Exercise goal: Retyping the entire listing exactly is the task.
━━━━━ Excerpted records
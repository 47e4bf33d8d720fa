-- ===== src/Node/Cycle/Timing/Schedule.antt =====
-- cpp/src/epos_control/src/epos_motor_node.cpp: the wake-up times of the loop.
use motor_control.Base.{◌≡◌, ◌<◌, ◌^◌, ◌⊎◌, ℤ, pos, ◌≤ℤ◌, ◌<ℤ◌, ◌+ℤ◌, ◌/ℤ◌, abs_ℕ, to_i64_id, arith}
use motor_control.Node.State.{Params, Node}
use motor_control.Node.Cycle.Timing.{next_wake, period_ns, schedule}

next_wake_lem :
    (next period now : ℤ)
    → abs_ℕ next < 2 ^ 62
    → abs_ℕ now < 2 ^ 62
    → abs_ℕ period < 2 ^ 62
    → pos 0 <ℤ period
    → (now <ℤ next_wake next period now)
      × ((next_wake next period now ≡ next +ℤ period)
          ⊎ ((next +ℤ period ≤ℤ now) × (next_wake next period now ≡ now +ℤ period)))
unfolding next_wake ◌+ℤ◌
next_wake_lem next period now hn hm hp h =
    ground (arith, to_i64_id (next +ℤ period), to_i64_id (now +ℤ period))

module _ {F : Type 0} where
  period_bounds :
      (p : Params F)
      → p.cycle_hz ≤ℤ pos 1_000_000_000
      → (pos 0 <ℤ period_ns p) × (period_ns p ≤ℤ pos 1_000_000_000)
  unfolding period_ns ◌/ℤ◌
  period_bounds p h = ground arith

  -- For times of magnitude below 2^62 ns and a rate of at most 10^9 Hz, the period is between 1
  -- ns and 1 s, and the next wake-up lies after now: one period after the last wake-up or, if
  -- that is not after now, one period after now.
  pub schedule_lem :
      (now : ℤ) (n : Node F)
      → abs_ℕ n.rt.next_ns < 2 ^ 62
      → abs_ℕ now < 2 ^ 62
      → n.params.cycle_hz ≤ℤ pos 1_000_000_000
      → let period = period_ns n.params in
        let next = n.rt.next_ns +ℤ period in
        let m = schedule now n in
        (now <ℤ m.rt.next_ns)
        × (pos 0 <ℤ period)
        × (period ≤ℤ pos 1_000_000_000)
        × ((m.rt.next_ns ≡ next) ⊎ ((next ≤ℤ now) × (m.rt.next_ns ≡ now +ℤ period)))
  unfolding schedule
  schedule_lem now n hn hm hz =
      let (positive, bound) = period_bounds n.params hz in
      let (later, which) =
        next_wake_lem n.rt.next_ns (period_ns n.params) now hn hm (ground (arith, positive, bound))
          positive in
      (later, positive, bound, which)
━━━━━━━━━━
Solution to the problem:
repository 47e4bf33d8d720fa
-- ===== src/Node/Cycle/Timing/Schedule.antt =====
-- cpp/src/epos_control/src/epos_motor_node.cpp: the wake-up times of the loop.
use motor_control.Base.{◌≡◌, ◌<◌, ◌^◌, ◌⊎◌, ℤ, pos, ◌≤ℤ◌, ◌<ℤ◌, ◌+ℤ◌, ◌/ℤ◌, abs_ℕ, to_i64_id, arith}
use motor_control.Node.State.{Params, Node}
use motor_control.Node.Cycle.Timing.{next_wake, period_ns, schedule}

next_wake_lem :
    (next period now : ℤ)
    → abs_ℕ next < 2 ^ 62
    → abs_ℕ now < 2 ^ 62
    → abs_ℕ period < 2 ^ 62
    → pos 0 <ℤ period
    → (now <ℤ next_wake next period now)
      × ((next_wake next period now ≡ next +ℤ period)
          ⊎ ((next +ℤ period ≤ℤ now) × (next_wake next period now ≡ now +ℤ period)))
unfolding next_wake ◌+ℤ◌
next_wake_lem next period now hn hm hp h =
    ground (arith, to_i64_id (next +ℤ period), to_i64_id (now +ℤ period))

module _ {F : Type 0} where
  period_bounds :
      (p : Params F)
      → p.cycle_hz ≤ℤ pos 1_000_000_000
      → (pos 0 <ℤ period_ns p) × (period_ns p ≤ℤ pos 1_000_000_000)
  unfolding period_ns ◌/ℤ◌
  period_bounds p h = ground arith

  -- For times of magnitude below 2^62 ns and a rate of at most 10^9 Hz, the period is between 1
  -- ns and 1 s, and the next wake-up lies after now: one period after the last wake-up or, if
  -- that is not after now, one period after now.
  pub schedule_lem :
      (now : ℤ) (n : Node F)
      → abs_ℕ n.rt.next_ns < 2 ^ 62
      → abs_ℕ now < 2 ^ 62
      → n.params.cycle_hz ≤ℤ pos 1_000_000_000
      → let period = period_ns n.params in
        let next = n.rt.next_ns +ℤ period in
        let m = schedule now n in
        (now <ℤ m.rt.next_ns)
        × (pos 0 <ℤ period)
        × (period ≤ℤ pos 1_000_000_000)
        × ((m.rt.next_ns ≡ next) ⊎ ((next ≤ℤ now) × (m.rt.next_ns ≡ now +ℤ period)))
  unfolding schedule
  schedule_lem now n hn hm hz =
      let (positive, bound) = period_bounds n.params hz in
      let (later, which) =
        next_wake_lem n.rt.next_ns (period_ns n.params) now hn hm (ground (arith, positive, bound))
          positive in
      (later, positive, bound, which)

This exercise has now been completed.